IFN-λ3/4 genetic variants play a unique role in the development of lupus nephritis and SLE.
III 型干扰素(IFN)或 IFN-λ 是新发现的细胞因子,主要针对上皮和髓系细胞,这是肾脏的主要成分。本研究旨在探讨 IFN-λ 是否参与系统性红斑狼疮(SLE)和狼疮性肾炎的发病机制。
采用 TaqMan 等位基因区分法检测来自台湾的 1620 名健康对照者和 1013 名 SLE 患者(两个独立队列,分别包含 831 名和 182 名受试者)的 IFNL3/4 SNP 基因型。比较 SLE 患者与健康对照者以及按临床表型分层的 SLE 患者的 IFNL3/4 SNP 基因型和等位基因频率分布。采用 ELISA 法测定 SLE 患者血清 IFN-λ3 浓度。

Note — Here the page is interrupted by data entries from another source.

-- ===== src/RouteTable/Snapshot/Resolve.antt =====
-- Resolving a request path against the table that the matcher was built from.
use pingora_reverse_proxy.Prelude.{
  ◌≡◌, ◌≢◌, ◌↔◌, sym, ap, ◌∙◌, true, false, Option, none, some, List, [], ◌∷◌, ◌++◌, ◌≤◌, ◌<◌,
  length, Text, text_eq_iff, or_else, All, arith, Option-cases, Bool-cases, inl, inr, fun_ext,
}
use pingora_reverse_proxy.Map.{Map, get, insert}
use pingora_reverse_proxy.Map.Laws.{get-insert_self}
use pingora_reverse_proxy.Map.Order.{text_ord}
use pingora_reverse_proxy.Route.{RouteKey, RouteData, segments}
use pingora_reverse_proxy.RouteTable.Ordered.{OrderedRoutes, retain_others, replace}
use pingora_reverse_proxy.RouteTable.Ordered.Consistent.{is_some, member, IsConsistent}
use pingora_reverse_proxy.RouteTable.Snapshot.{RouteMatch, from_ordered_routes, resolve}
use pingora_reverse_proxy.RouteTable.Snapshot.Latest.{
  latest, match_at, find-build-empty, IsLatest, latest-IsLatest,
}
use pingora_reverse_proxy.RouteTable.Trie.Lookup.{path_eq_refl}
use pingora_reverse_proxy.RouteTable.Trie.Deepest.{deepest, resolve-deepest}
use pingora_reverse_proxy.RouteTable.Trie.Prefix.{is_prefix, deepest-IsDeepest, deepest-eq-none}

All-of_member :
    (P : RouteKey → Type 0) (l : List RouteKey)
    → ((k : RouteKey) → member k l ≡ true → P k)
    → All P l
All-of_member P [] h = tt
All-of_member P (k ∷ l) h =
    (h k (ground (arith, text_eq_iff k k)), All-of_member P l (λ j m. h j (ground arith)))

module _ {X : Type 0} where
  -- The matcher resolves a request path to the latest listed route at the longest prefix of the
  -- path's segments at which some listed route stands, and to nothing if there is none.
  pub resolve-eq-deepest :
      (routes : OrderedRoutes X) (path : Text)
      → resolve (from_ordered_routes routes) path
        ≡ deepest (latest routes.by_key routes.mutation_order) (segments path)
  unfolding resolve from_ordered_routes
  resolve-eq-deepest routes path =
      resolve-deepest _ (segments path)
      ∙ ap (λ at. deepest at (segments path))
          (fun_ext (find-build-empty routes.by_key routes.mutation_order))

  latest-ne-none :
      (by_key : Map RouteKey (RouteData X)) (k : RouteKey) (order : List RouteKey)
      → member k order ≡ true
      → is_some (get k by_key) ≡ true
      → latest by_key order (segments k) ≢ none
  unfolding latest
  latest-ne-none by_key k [] m h = cc
  latest-ne-none by_key k (j ∷ order) m h =
      ground (arith, latest-ne-none by_key k order, text_eq_iff k j, path_eq_refl (segments k))

  -- `m` is the answer for `path`: a stored route whose segments are a prefix of the path's, with no
  -- longer such route, and changed later than every other route with the same segments.
  pub record IsAnswer (routes : OrderedRoutes X) (path : Text) (m : RouteMatch X) : Type 0 where
    pub prefix : is_prefix (segments m.key) (segments path) ≡ true
    pub longest :
        (k : RouteKey)
        → is_some (get k routes.by_key) ≡ true
        → is_prefix (segments k) (segments path) ≡ true
        → length (segments k) ≤ length (segments m.key)
    pub newest : IsLatest routes.by_key routes.mutation_order (segments m.key) m

  module _ (routes : OrderedRoutes X) (valid : IsConsistent routes) (path : Text) where
    stored_listed : All (λ k. is_some (get k routes.by_key) ≡ true) routes.mutation_order
    stored_listed = All-of_member _ routes.mutation_order (λ k m. valid.listed k ∙ m)

    listed-latest :
        (k : RouteKey)
        → is_some (get k routes.by_key) ≡ true
        → latest routes.by_key routes.mutation_order (segments k) ≢ none
    listed-latest k here =
        latest-ne-none routes.by_key k routes.mutation_order (sym (valid.listed k) ∙ here) here

    -- In a consistent table a successful resolution is the answer: stored with that data, a prefix
    -- of the request on segment boundaries, of the greatest length, and the newest of its place.
    pub resolve-IsAnswer :
        (m : RouteMatch X)
        → resolve (from_ordered_routes routes) path ≡ some m
        → IsAnswer routes path m
    resolve-IsAnswer m e =
        let at = latest routes.by_key routes.mutation_order in
        let (p, d) =
          deepest-IsDeepest at (segments path) m (sym (resolve-eq-deepest routes path) ∙ e) in
        let i = latest-IsLatest routes.by_key routes.mutation_order p m stored_listed d.value in
        record {
          prefix = rw i.placed d.prefix;
          longest = λ k here prefix.
              let not_longer : ¬ (length (segments m.key) < length (segments k)) =
                λ l. listed-latest k here (d.deeper (segments k) prefix (rw (← i.placed) l)) in
              omega arith;
          newest = rw i.placed i;
        }

    none_missed :
        resolve (from_ordered_routes routes) path ≡ none
        → (k : RouteKey) → is_some (get k routes.by_key) ≡ true
        → is_prefix (segments k) (segments path) ≡ false
    none_missed e k here = elim (Bool-cases (is_prefix (segments k) (segments path))) [
      | inr apart ↦ apart
      | inl prefix ↦ absurd (
          listed-latest k here (
            deepest-eq-none _ (segments path) (segments k)
              (sym (resolve-eq-deepest routes path) ∙ e) prefix))
    ]

    none_found :
        ((k : RouteKey)
          → is_some (get k routes.by_key) ≡ true
          → is_prefix (segments k) (segments path) ≡ false)
        → resolve (from_ordered_routes routes) path ≡ none
    none_found h = elim (Option-cases (resolve (from_ordered_routes routes) path)) [
      | inl e ↦ e
      | inr (m, e) ↦
          let a = resolve-IsAnswer m e in
          let stored : is_some (get m.key routes.by_key) ≡ true = rw a.newest.stored in
          cc (h m.key stored, a.prefix)
    ]

    -- Nothing is resolved exactly when no stored route's segments are a prefix of the request's.
    pub resolve-eq-none_iff : (resolve (from_ordered_routes routes) path ≡ none) ↔ (
        (k : RouteKey)
        → is_some (get k routes.by_key) ≡ true
        → is_prefix (segments k) (segments path) ≡ false)
    resolve-eq-none_iff = (none_missed, none_found)

  latest-append :
      (by_key : Map RouteKey (RouteData X)) (order : List RouteKey) (k : RouteKey) (q : List Text)
      → latest by_key (order ++ k ∷ []) q ≡ or_else (match_at by_key k q) (latest by_key order q)
  unfolding latest
  latest-append by_key [] k q = ground arith
  latest-append by_key (j ∷ order) k q = ground (arith, latest-append by_key order k q)

  deepest-at_path :
      (at : List Text → Option (RouteMatch X)) (path : List Text) (m : RouteMatch X)
      → at path ≡ some m
      → deepest at path ≡ some m
  unfolding deepest
  deepest-at_path at [] m e = e
  deepest-at_path at (s ∷ path) m e = rw (deepest-at_path (λ q. at (s ∷ q)) path m e)

  -- Right after a route was replaced, a request for its key resolves to it, whatever else is there.
  pub resolve-replace :
      (key : RouteKey) (route : RouteData X) (routes : OrderedRoutes X)
      → resolve (from_ordered_routes (replace key route routes)) key
        ≡ some (record { key = key; route = route })
  unfolding replace
  resolve-replace key route routes =
      let by_key = insert key route routes.by_key in
      let order = retain_others key routes.mutation_order in
      resolve-eq-deepest (replace key route routes) key
      ∙ deepest-at_path _ (segments key) _ (
          latest-append by_key order key (segments key)
          ∙ ground (arith, get-insert_self key route routes.by_key, path_eq_refl (segments key)))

所有主要 IFN3/4 SNP 等位基因均与狼疮肾炎的发病风险显著相关(rs8099917T,P=0.0021,OR 1.75,95%CI 1.24-2.47;rs12979860C,P=0.0034,OR 1.65,95%CI 1.18-2.30;rs4803217C,P=0.0021,OR 1.76,95%CI 1.25-2.48;和 ss469415590TT,P=0.0021,OR 1.73,95%CI 1.23-2.42)。同样,IFNL3/4 SNP 主要单倍型 rs8099917T-ss469415590TT-rs12979860C-rs4803217C(或 T-TT-C-C)也是狼疮肾炎的显著危险因素(P=0.0015,OR 1.68,95%CI 1.22-2.32)。此外,与正常健康对照者相比,所有次要 IFN3/4 SNP 等位基因均与肾炎阴性 SLE 患者的 SLE 易感性显著相关(rs8099917G,P=0.00177,OR 1.68,95%CI 1.24-2.28;rs12979860T,P=0.00299,OR 1.58,95%CI 1.18-2.32;rs4803217A,P=0.00176,OR 1.65,95%CI 1.22-2.23;和 ss469415590ΔG,P=0.00176,OR 1.70,95%CI 1.26-2.29)。此外,IFN-λ3 血清水平升高与 SLE 患者的补体抑制和高 SLE 疾病活动度显著相关。
IFN-λ3/4 遗传变异在狼疮肾炎和 SLE 的发生发展中发挥独特作用。